▶ _Stored items from a collection_

_ _ _ _ _ _ _

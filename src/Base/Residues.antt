-- ===== src/Base/Residues.antt =====
-- The low bits of sums, differences, products and of the bitwise operations are those of the low
-- bits of the operands.
use Prim.Native.Nat.{
  ℕ, zero, suc, ◌+◌, ◌-◌, ◌*◌, ◌/◌, ◌%◌, ◌^◌, ◌≤◌, ◌<◌, min, max, differ, bit_and, bit_or, bit_xor,
}
use mathlib.Core.Path.{◌≡◌, refl, sym, ap, ◌∙◌}
use native.Mathlib.Nat.{
  pow-suc, one-le-pow, mul_comm, mul_assoc, mod-eq_of_lt, add-mul-mod_self_left, div-add-mod,
  mod-lt, add-mul, div-lt_iff_lt-mul,
}
use native.Mathlib.Omega.{arith}
use booth.Base.Bits.{bit_and-halves, bit_or-halves, bit_xor-halves, differ_lem}

-- A remainder by a double, digit by digit.
mod_digits : (p d x : ℕ) → 0 < p → d < 2 → (d + x * 2) % (2 * p) ≡ d + x % p * 2
mod_digits p d x h low =
    let whole = div-add-mod x p in
    let below = mod-lt x h in
    let split : d + x * 2 ≡ (d + x % p * 2) + 2 * p * (x / p) =
      omega (arith, mul_assoc 2 p (x / p)) in
    rw split (
      add-mul-mod_self_left (d + x % p * 2) (2 * p) (x / p)
      ∙ mod-eq_of_lt {n = d + x % p * 2} {m = 2 * p} (omega arith))

low_digits : (k a : ℕ) → a % 2 ^ suc k ≡ a % 2 + a / 2 % 2 ^ k * 2
low_digits k a =
    let here : a ≡ a % 2 + a / 2 * 2 = omega arith in
    let double : 2 ^ suc k ≡ 2 * 2 ^ k = omega (arith, pow-suc 2 k) in
    rw double (
      ap (λ (t : ℕ). t % (2 * 2 ^ k)) here
      ∙ mod_digits (2 ^ k) (a % 2) (a / 2) (omega (arith, one-le-pow k 2)) (omega arith))

module _ (op : ℕ → ℕ → ℕ) (f : ℕ → ℕ → ℕ)
    (halves : (a b : ℕ) → op a b ≡ f (a % 2) (b % 2) + op (a / 2) (b / 2) * 2)
    (digit : (x y : ℕ) → x < 2 → y < 2 → f x y < 2) (nothing : op 0 0 ≡ 0) where
  mod_bitwise : (k a b : ℕ) → op (a % 2 ^ k) (b % 2 ^ k) ≡ op a b % 2 ^ k
  mod_bitwise zero a b =
      let low_a : a % 2 ^ 0 ≡ 0 = omega arith in
      let low_b : b % 2 ^ 0 ≡ 0 = omega arith in rw (low_a, low_b) (omega arith)
  mod_bitwise (suc k) a b =
      let x = a % 2 ^ suc k in
      let y = b % 2 ^ suc k in
      let low_a : x % 2 ≡ a % 2 = omega (arith, low_digits k a) in
      let low_b : y % 2 ≡ b % 2 = omega (arith, low_digits k b) in
      let high_a : x / 2 ≡ a / 2 % 2 ^ k = omega (arith, low_digits k a) in
      let high_b : y / 2 ≡ b / 2 % 2 ^ k = omega (arith, low_digits k b) in
      let d = f (a % 2) (b % 2) in
      let rest = op (a / 2) (b / 2) in
      let left : op x y ≡ d + op (a / 2 % 2 ^ k) (b / 2 % 2 ^ k) * 2 =
        rw (← low_a, ← low_b, ← high_a, ← high_b) (halves x y) in
      let small : d < 2 = digit (a % 2) (b % 2) (omega arith) (omega arith) in
      let right = low_digits k (op a b) in
      let low : op a b % 2 ≡ d = omega (arith, halves a b) in
      let high : op a b / 2 ≡ rest = omega (arith, halves a b) in
      let right' = rw (low, high) at right in omega (arith, mod_bitwise k (a / 2) (b / 2))

pub mod-bit_and : (k a b : ℕ) → bit_and (a % 2 ^ k) (b % 2 ^ k) ≡ bit_and a b % 2 ^ k
mod-bit_and = mod_bitwise bit_and min (λ a b. bit_and-halves a b) (λ x y p q. omega arith) refl

pub mod-bit_or : (k a b : ℕ) → bit_or (a % 2 ^ k) (b % 2 ^ k) ≡ bit_or a b % 2 ^ k
mod-bit_or = mod_bitwise bit_or max (λ a b. bit_or-halves a b) (λ x y p q. omega arith) refl

pub mod-bit_xor : (k a b : ℕ) → bit_xor (a % 2 ^ k) (b % 2 ^ k) ≡ bit_xor a b % 2 ^ k
mod-bit_xor =
    mod_bitwise bit_xor differ (λ a b. bit_xor-halves a b)
      (λ x y p q. omega (arith, differ_lem x y p q)) refl

-- A remainder by a power of two keeps the remainder by a smaller one.
pub mod-mod_pow : (k j a : ℕ) → k ≤ j → a % 2 ^ j % 2 ^ k ≡ a % 2 ^ k
mod-mod_pow zero j a h = omega arith
mod-mod_pow (suc k) zero a h = absurd (omega arith)
mod-mod_pow (suc k) (suc j) a h =
    let x = a % 2 ^ suc j in
    let low : x % 2 ≡ a % 2 = omega (arith, low_digits j a) in
    let high : x / 2 ≡ a / 2 % 2 ^ j = omega (arith, low_digits j a) in
    let here = rw (low, high, mod-mod_pow k j (a / 2) (omega arith)) at (low_digits k x) in
    omega (arith, low_digits k a)

pub mul-mod_one : (a b m : ℕ) → (a % m) * b % m ≡ a * b % m
mul-mod_one a b m =
    let whole : (m * (a / m) + a % m) * b ≡ a * b = ap (λ (t : ℕ). t * b) (div-add-mod a m) in
    let split : (m * (a / m) + a % m) * b ≡ (a % m) * b + m * (a / m * b) =
      omega (arith, add-mul (m * (a / m)) (a % m) b, mul_assoc m (a / m) b) in
    rw (← whole, split) (sym (add-mul-mod_self_left ((a % m) * b) m (a / m * b)))

pub mul-mod_both : (a b m : ℕ) → (a % m) * (b % m) % m ≡ a * b % m
mul-mod_both a b m =
    mul-mod_one a (b % m) m
    ∙ ap (λ (t : ℕ). t % m) (mul_comm a (b % m))
    ∙ mul-mod_one b a m
    ∙ ap (λ (t : ℕ). t % m) (mul_comm b a)

pub pow_split : (j k : ℕ) → 2 ^ (j + k) ≡ 2 ^ j * 2 ^ k
pow_split zero k = omega (arith, ap (λ (n : ℕ). 2 ^ n) (let e : 0 + k ≡ k = omega arith in e))
pow_split (suc j) k =
    ap (λ (n : ℕ). 2 ^ n) {x = suc j + k} {y = suc (j + k)} (omega arith)
    ∙ rw (pow-suc 2 (j + k), pow-suc 2 j, pow_split j k) (grind arith)

-- Flipping all the bits flips the low ones.
pub complement-mod :
    (k j x : ℕ) → k ≤ j → x < 2 ^ j → (2 ^ j - 1 - x) % 2 ^ k ≡ 2 ^ k - 1 - x % 2 ^ k
complement-mod k j x h fits =
    let p = 2 ^ k in
    let n = 2 ^ (j - k) in
    let q = x / p in
    let above : 0 < p = omega (arith, one-le-pow k 2) in
    let total : 2 ^ j ≡ n * p =
      ap (λ (i : ℕ). 2 ^ i) {x = j} {y = (j - k) + k} (omega arith) ∙ pow_split (j - k) k in
    let whole = div-add-mod x p in
    let r_low = mod-lt x above in
    let q_low : q < n = (div-lt_iff_lt-mul above).1 (omega arith) in
    let c = n - q - 1 in
    let parts : n * p ≡ q * p + p + c * p =
      ap (λ (t : ℕ). t * p) {x = n} {y = q + 1 + c} (omega arith)
      ∙ omega (arith, add-mul (q + 1) c p, add-mul q 1 p) in
    let split : 2 ^ j - 1 - x ≡ (p - 1 - x % p) + p * (n - q - 1) =
      omega (arith, mul_comm p q, mul_comm p c) in
    rw split (
      add-mul-mod_self_left (p - 1 - x % p) p (n - q - 1)
      ∙ mod-eq_of_lt {n = p - 1 - x % p} {m = p} (omega arith))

_ _ _ _ _ _ _

▶ _Problem description_
Could you reproduce, exactly as written, the lines running from the one with "let whole : (m" to the end of the entries above?

▶ _Written solution_
    let whole : (m * (a / m) + a % m) * b ≡ a * b = ap (λ (t : ℕ). t * b) (div-add-mod a m) in
    let split : (m * (a / m) + a % m) * b ≡ (a % m) * b + m * (a / m * b) =
      omega (arith, add-mul (m * (a / m)) (a % m) b, mul_assoc m (a / m) b) in
    rw (← whole, split) (sym (add-mul-mod_self_left ((a % m) * b) m (a / m * b)))

pub mul-mod_both : (a b m : ℕ) → (a % m) * (b % m) % m ≡ a * b % m
mul-mod_both a b m =
    mul-mod_one a (b % m) m
    ∙ ap (λ (t : ℕ). t % m) (mul_comm a (b % m))
    ∙ mul-mod_one b a m
    ∙ ap (λ (t : ℕ). t % m) (mul_comm b a)

pub pow_split : (j k : ℕ) → 2 ^ (j + k) ≡ 2 ^ j * 2 ^ k
pow_split zero k = omega (arith, ap (λ (n : ℕ). 2 ^ n) (let e : 0 + k ≡ k = omega arith in e))
pow_split (suc j) k =
    ap (λ (n : ℕ). 2 ^ n) {x = suc j + k} {y = suc (j + k)} (omega arith)
    ∙ rw (pow-suc 2 (j + k), pow-suc 2 j, pow_split j k) (grind arith)

-- Flipping all the bits flips the low ones.
pub complement-mod :
    (k j x : ℕ) → k ≤ j → x < 2 ^ j → (2 ^ j - 1 - x) % 2 ^ k ≡ 2 ^ k - 1 - x % 2 ^ k
complement-mod k j x h fits =
    let p = 2 ^ k in
    let n = 2 ^ (j - k) in
    let q = x / p in
    let above : 0 < p = omega (arith, one-le-pow k 2) in
    let total : 2 ^ j ≡ n * p =
      ap (λ (i : ℕ). 2 ^ i) {x = j} {y = (j - k) + k} (omega arith) ∙ pow_split (j - k) k in
    let whole = div-add-mod x p in
    let r_low = mod-lt x above in
    let q_low : q < n = (div-lt_iff_lt-mul above).1 (omega arith) in
    let c = n - q - 1 in
    let parts : n * p ≡ q * p + p + c * p =
      ap (λ (t : ℕ). t * p) {x = n} {y = q + 1 + c} (omega arith)
      ∙ omega (arith, add-mul (q + 1) c p, add-mul q 1 p) in
    let split : 2 ^ j - 1 - x ≡ (p - 1 - x % p) + p * (n - q - 1) =
      omega (arith, mul_comm p q, mul_comm p c) in
    rw split (
      add-mul-mod_self_left (p - 1 - x % p) p (n - q - 1)
      ∙ mod-eq_of_lt {n = p - 1 - x % p} {m = p} (omega arith))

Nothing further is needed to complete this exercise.